User [1] = "root", user [2]

This function has a return value. The return value is the number of elements after slicing.

# Netstat-Tn | awk '/^ TCP/{lens = Split ($5, client ,":"); IP [client [lens-1] ++} end {for (I in IP) print I, IP [I]}'

[[Email protected] _ 11 ~] # Netstat-TNA | awk '/^ TCP/{stat [$ NF] ++} end {for (I in STAT) {print I, stat [I]} 'view the data volume in different States


[[Email protected] _ 11 httpd] # awk '{arr [$1] ++} end {for (I in ARR) {print I, arr [I]} '/var/log/httpd/access_log => count the number of visits to each IP address of the HTTPd service

Length (string)

Function: returns the length of a specified string.

[[Email protected] _ 11 httpd] # awk 'in in {STR = "this is a very good test! "; OK = length (STR); print OK }'

25

Substr (string, start [, length])

Function: gets a substring from a string, and starts from the start position to the length of the substring;

Truncates the string that starts with the fifth character and ends with the end,

[[Email protected] _ 11 httpd] # awk 'in in {STR = "this is a very good test! "; OK = substr (STR, 5); print OK }'

Is a very good test!

Truncates the string, starts with the fifth character, and the following five strings.

[[Email protected] _ 11 httpd] # awk 'in in {STR = "this is a very good test! "; OK = substr (STR, 5, 5); print OK }'

Is

 


This article is from the "909 is a goal" blog, please be sure to keep this source http://robert1joy.blog.51cto.com/4489523/1544907

Deep application of awk

Contact Us

The content source of this page is from Internet, which doesn't represent Alibaba Cloud's opinion; products and services mentioned on that page don't have any relationship with Alibaba Cloud. If the content of the page makes you feel confusing, please write us an email, we will handle the problem within 5 days after receiving your email.

If you find any instances of plagiarism from the community, please send an email to: info-contact@alibabacloud.com and provide relevant evidence. A staff member will contact you within 5 working days.

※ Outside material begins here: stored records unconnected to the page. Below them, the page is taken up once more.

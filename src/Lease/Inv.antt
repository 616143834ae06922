-- ===== src/Lease/Inv.antt =====
-- The lease table between two calls: no inode has two used slots, no id is given twice.
use aaaos_renovation_agent_o.Prelude.{
  ℕ, suc, ◌+◌, ◌^◌, ◌≤◌, ◌<◌, ◌≡◌, refl, Bool, true, false, ◌&&◌, ◌||◌, Option, none, some, List,
  [], ◌∷◌, arith, All, ◌==◌, u64, Bool-cases, inl, inr, Option-cases, ◌⊎◌,
}
use aaaos_renovation_agent_o.Proc.{Proc, Lease}
use aaaos_renovation_agent_o.Lease.{
  Inode, Leases, bears, reap_expired, reap_pid, holds, is_leased, place, grant, begin_locked,
  lease_begin, commit_slot, commit_table, lease_commit, abort_table, lease_abort, placed,
}

-- Two used slots that name one inode, or bear one id.
abbrev pub clash : Lease → Lease → Bool
clash l m = l.used && m.used && (l.dev == m.dev && l.inum == m.inum || l.lease_id == m.lease_id)

-- No slot of the list clashes with a later one.
abbrev pub Exclusive : List Lease → Type 0
Exclusive [] = Unit {0}
Exclusive (l ∷ ls) = All (λ m. clash l m ≡ false) ls × Exclusive ls

-- No id above the last one given.
abbrev pub Given : ℕ → List Lease → Type 0
Given n = All (λ l. l.used ≡ true → l.lease_id ≤ n)

pub record IsValid (s : Leases) : Type 0 where
  pub exclusive : Exclusive s.table
  pub given : Given s.next_lease_id s.table

-- `Shrunk ls ms`: each slot of `ms` is that of `ls`, or unused.
abbrev Shrunk : List Lease → List Lease → Type 0
Shrunk [] [] = Unit {0}
Shrunk [] (m ∷ ms) = ⊥
Shrunk (l ∷ ls) [] = ⊥
Shrunk (l ∷ ls) (m ∷ ms) = ((m ≡ l) ⊎ (m.used ≡ false)) × Shrunk ls ms

clash_shrunk : (l m k : Lease) → clash l m ≡ false → (k ≡ m) ⊎ (k.used ≡ false) → clash l k ≡ false
clash_shrunk l m k h s = ground arith

All-clash-Shrunk :
    (l : Lease) (ls ms : List Lease)
    → All (λ m. clash l m ≡ false) ls
    → Shrunk ls ms
    → All (λ m. clash l m ≡ false) ms
All-clash-Shrunk l [] [] h s = tt
All-clash-Shrunk l [] (m ∷ ms) h s = absurd s
All-clash-Shrunk l (k ∷ ls) [] h s = tt
All-clash-Shrunk l (k ∷ ls) (m ∷ ms) h s =
    (clash_shrunk l k m h.0 s.0, All-clash-Shrunk l ls ms h.1 s.1)

clash-head : (l k m : Lease) → clash l m ≡ false → (k ≡ l) ⊎ (k.used ≡ false) → clash k m ≡ false
clash-head l k m h s = ground arith

All-clash-head :
    (l k : Lease) (ms : List Lease)
    → All (λ m. clash l m ≡ false) ms
    → (k ≡ l) ⊎ (k.used ≡ false)
    → All (λ m. clash k m ≡ false) ms
All-clash-head l k [] h s = tt
All-clash-head l k (m ∷ ms) h s = (clash-head l k m h.0 s, All-clash-head l k ms h.1 s)

Shrunk-Exclusive : (ls ms : List Lease) → Shrunk ls ms → Exclusive ls → Exclusive ms
Shrunk-Exclusive [] [] s h = tt
Shrunk-Exclusive [] (m ∷ ms) s h = absurd s
Shrunk-Exclusive (l ∷ ls) [] s h = tt
Shrunk-Exclusive (l ∷ ls) (m ∷ ms) s h =
    (All-clash-head l m ms (All-clash-Shrunk l ls ms h.0 s.1) s.0, Shrunk-Exclusive ls ms s.1 h.1)

given-head :
    (n : ℕ) (l m : Lease)
    → (l.used ≡ true → l.lease_id ≤ n)
    → (m ≡ l) ⊎ (m.used ≡ false)
    → m.used ≡ true
    → m.lease_id ≤ n
given-head n l m h s u = ground arith

Shrunk-Given : (n : ℕ) (ls ms : List Lease) → Shrunk ls ms → Given n ls → Given n ms
Shrunk-Given n [] [] s h = tt
Shrunk-Given n [] (m ∷ ms) s h = absurd s
Shrunk-Given n (l ∷ ls) [] s h = tt
Shrunk-Given n (l ∷ ls) (m ∷ ms) s h = (given-head n l m h.0 s.0, Shrunk-Given n ls ms s.1 h.1)

Shrunk-refl : (ls : List Lease) → Shrunk ls ls
Shrunk-refl [] = tt
Shrunk-refl (l ∷ ls) = (inl refl, Shrunk-refl ls)

-- Reaping, committing and aborting only free slots.
reap_expired-Shrunk : (now : ℕ) (ls : List Lease) → Shrunk ls (reap_expired now ls)
unfolding reap_expired
reap_expired-Shrunk now [] = tt
reap_expired-Shrunk now (l ∷ ls) = ground (arith, reap_expired-Shrunk now ls)

reap_pid-Shrunk : (pid : ℕ) (ls : List Lease) → Shrunk ls (reap_pid pid ls)
unfolding reap_pid
reap_pid-Shrunk pid [] = tt
reap_pid-Shrunk pid (l ∷ ls) = ground (arith, reap_pid-Shrunk pid ls)

commit_slot-Shrunk :
    (p : Proc) (now : ℕ) (l : Lease)
    → ((commit_slot p now l).1 ≡ l) ⊎ ((commit_slot p now l).1.used ≡ false)
unfolding commit_slot
commit_slot-Shrunk p now l = ground arith

commit_table-Shrunk :
    (p : Proc) (id now : ℕ) (ls : List Lease) → Shrunk ls (commit_table p id now ls).1
unfolding commit_table
commit_table-Shrunk p id now [] = tt
commit_table-Shrunk p id now (l ∷ ls) = elim (Bool-cases (bears id l)) [
  | inl e ↦ rw (e, commit_table) (commit_slot-Shrunk p now l, Shrunk-refl ls)
  | inr e ↦ rw (e, commit_table) (inl refl, commit_table-Shrunk p id now ls)
]

abort_table-Shrunk : (p : Proc) (id : ℕ) (ls : List Lease) → Shrunk ls (abort_table p id ls).1
unfolding abort_table
abort_table-Shrunk p id [] = tt
abort_table-Shrunk p id (l ∷ ls) = ground (arith, abort_table-Shrunk p id ls, Shrunk-refl ls)

pub Shrunk-IsValid :
    (s : Leases) (ms : List Lease)
    → Shrunk s.table ms
    → IsValid s
    → IsValid (record s { table = ms })
Shrunk-IsValid s ms h v = record {
  exclusive = Shrunk-Exclusive s.table ms h v.exclusive;
  given = Shrunk-Given s.next_lease_id s.table ms h v.given;
}

-- After the reaping a used slot is live.
abbrev Live : ℕ → List Lease → Type 0
Live now = All (λ l. l.used ≡ true → now < l.expiry_tick)

reap_expired-Live : (now : ℕ) (ls : List Lease) → Live now (reap_expired now ls)
unfolding reap_expired
reap_expired-Live now [] = tt
reap_expired-Live now (l ∷ ls) = (λ u. ground arith, reap_expired-Live now ls)

-- A new lease clashes with none, if its inode is not leased and its id is above those given.
All-fresh :
    (new : Lease) (now n : ℕ) (ls : List Lease)
    → Live now ls
    → Given n ls
    → n < new.lease_id
    → is_leased new.dev new.inum now ls ≡ false
    → All (λ m. (clash new m ≡ false) × (clash m new ≡ false)) ls
unfolding is_leased holds
All-fresh new now n [] v g h e = tt
All-fresh new now n (l ∷ ls) v g h e = (
  (ground (arith, v.0, g.0), ground (arith, v.0, g.0)),
  All-fresh new now n ls v.1 g.1 h (ground arith),
)

-- The first slot is free and takes the lease, or it is used and stays.
pub place-cases :
    (new l : Lease) (ls ms : List Lease)
    → place new (l ∷ ls) ≡ some ms
    → ((l.used ≡ false) × (ms ≡ new ∷ ls))
      ⊎ ((rest : List Lease) × (place new ls ≡ some rest) × (ms ≡ l ∷ rest))
unfolding place
place-cases new l ls ms e = elim (Bool-cases l.used) [
  | inr u ↦ inl (u, ground (arith, u))
  | inl u ↦ elim (Option-cases (place new ls)) [
    | inl h ↦ absurd (ground (arith, u, h))
    | inr (rest, h) ↦ inr (rest, h, ground (arith, u, h))
  ]
]

-- What holds of every slot and of the lease holds after the lease is written.
pub All-place {κ} :
    (P : Lease → Type κ) (new : Lease) (ls ms : List Lease)
    → All P ls
    → P new
    → place new ls ≡ some ms
    → All P ms
All-place P new [] ms h pn e = absurd (unfold place in cc)
All-place P new (l ∷ ls) ms h pn e = elim (place-cases new l ls ms e) [
  | inl (u, d) ↦ rw d (pn, h.1)
  | inr (rest, r, d) ↦ rw d (h.0, All-place P new ls rest h.1 pn r)
]

-- Writing the new lease into the first free slot keeps the slots exclusive.
place-Exclusive :
    (new : Lease) (ls ms : List Lease)
    → Exclusive ls
    → All (λ m. (clash new m ≡ false) × (clash m new ≡ false)) ls
    → place new ls ≡ some ms
    → Exclusive ms
place-Exclusive new [] ms x f e = absurd (unfold place in cc)
place-Exclusive new (l ∷ ls) ms x f e = elim (place-cases new l ls ms e) [
  | inl (u, d) ↦ rw d (All-first new ls f.1, x.1)
  | inr (rest, r, d) ↦ rw d (
    All-place (λ m. clash l m ≡ false) new ls rest x.0 f.0.1 r,
    place-Exclusive new ls rest x.1 f.1 r,
  )
]
  where
    All-first :
        (new : Lease) (ls : List Lease)
        → All (λ m. (clash new m ≡ false) × (clash m new ≡ false)) ls
        → All (λ m. clash new m ≡ false) ls
    All-first new [] h = tt
    All-first new (l ∷ ls) h = (h.0.0, All-first new ls h.1)

Given-suc : (n : ℕ) (ls : List Lease) → Given n ls → Given (suc n) ls
Given-suc n [] g = tt
Given-suc n (l ∷ ls) g = (λ u. omega (arith, g.0 u), Given-suc n ls g.1)

placed-IsValid :
    (new : Lease) (reaped : List Lease) (n now : ℕ)
    → n + 1 < 2 ^ 64
    → new.lease_id ≡ u64 (n + 1)
    → Live now reaped
    → is_leased new.dev new.inum now reaped ≡ false
    → IsValid (record { table = reaped; next_lease_id = n })
    → (o : Option (List Lease)) → place new reaped ≡ o
    → IsValid (placed reaped n o).1
placed-IsValid new reaped n now b i l f v none e = v
placed-IsValid new reaped n now b i l f v (some ms) e =
    let fresh = All-fresh new now n reaped l v.given (omega arith) f in
    let next : u64 (n + 1) ≡ suc n = omega arith in
    rw next (record {
      exclusive = place-Exclusive new reaped ms v.exclusive fresh e;
      given =
          All-place (λ m. m.used ≡ true → m.lease_id ≤ suc n) new reaped ms
            (Given-suc n reaped v.given) (λ u. omega arith) e;
    })

reaped-IsValid :
    (s : Leases) (now : ℕ) → IsValid s → IsValid (record s { table = reap_expired now s.table })
reaped-IsValid s now v = Shrunk-IsValid s _ (reap_expired-Shrunk now s.table) v

begin_locked-IsValid :
    (p : Proc) (ip : Inode) (now : ℕ) (s : Leases)
    → s.next_lease_id + 1 < 2 ^ 64
    → IsValid s
    → IsValid (begin_locked p ip now s).1
unfolding begin_locked
begin_locked-IsValid p ip now s b v =
    elim (Bool-cases (is_leased ip.dev ip.inum now (reap_expired now s.table))) [
      | inl e ↦ rw e (reaped-IsValid s now v)
      | inr e ↦ rw e (
          placed-IsValid (grant p ip (u64 (s.next_lease_id + 1)) now) (reap_expired now s.table)
            s.next_lease_id now b (unfold grant in refl) (reap_expired-Live now s.table)
            (unfold grant in e) (reaped-IsValid s now v) _ refl)
    ]

-- The calls on the table: by Agents, by the exit of a process, and by the clock.
pub data Call : Type 0 where
  begins : Proc → Option Inode → Call
  commits : Proc → ℕ → ℕ → Call
  aborts : Proc → ℕ → Call
  exits : ℕ → Call
  ticks : Call

unfoldable pub step : ℕ → Call → Leases → Leases
step now (begins p file) s = (lease_begin p file now s).1
step now (commits p id expected_version) s = (lease_commit p id expected_version now s).1
step now (aborts p id) s = (lease_abort p id s).1
step now (exits pid) s = record s { table = reap_pid pid s.table }
step now ticks s = record s { table = reap_expired now s.table }

begin-IsValid :
    (p : Proc) (file : Option Inode) (now : ℕ) (s : Leases)
    → s.next_lease_id + 1 < 2 ^ 64
    → IsValid s
    → IsValid (lease_begin p file now s).1
unfolding lease_begin
begin-IsValid p none now s b v = ground arith
begin-IsValid p (some ip) now s b v = ground (arith, begin_locked-IsValid p ip now s b v)

-- Every call, at any time, keeps the table without two used slots for one inode and without an id
-- given twice, as long as the 64-bit counter of ids is not exhausted.
pub step-IsValid :
    (now : ℕ) (c : Call) (s : Leases)
    → s.next_lease_id + 1 < 2 ^ 64
    → IsValid s
    → IsValid (step now c s)
unfolding step lease_commit lease_abort
step-IsValid now (begins p file) s b v = begin-IsValid p file now s b v
step-IsValid now (commits p id _) s b v =
    Shrunk-IsValid s _ (commit_table-Shrunk p id now s.table) v
step-IsValid now (aborts p id) s b v = Shrunk-IsValid s _ (abort_table-Shrunk p id s.table) v
step-IsValid now (exits pid) s b v = Shrunk-IsValid s _ (reap_pid-Shrunk pid s.table) v
step-IsValid now ticks s b v = reaped-IsValid s now v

A Free Trial That Lets You Build Big!

Start building with 50+ products and up to 12 months usage for Elastic Compute Service

  • Sales Support

    1 on 1 presale consultation

  • After-Sales Support

    24/7 Technical Support 6 Free Tickets per Quarter Faster Response

  • Alibaba Cloud offers highly flexible support services tailored to meet your exact needs.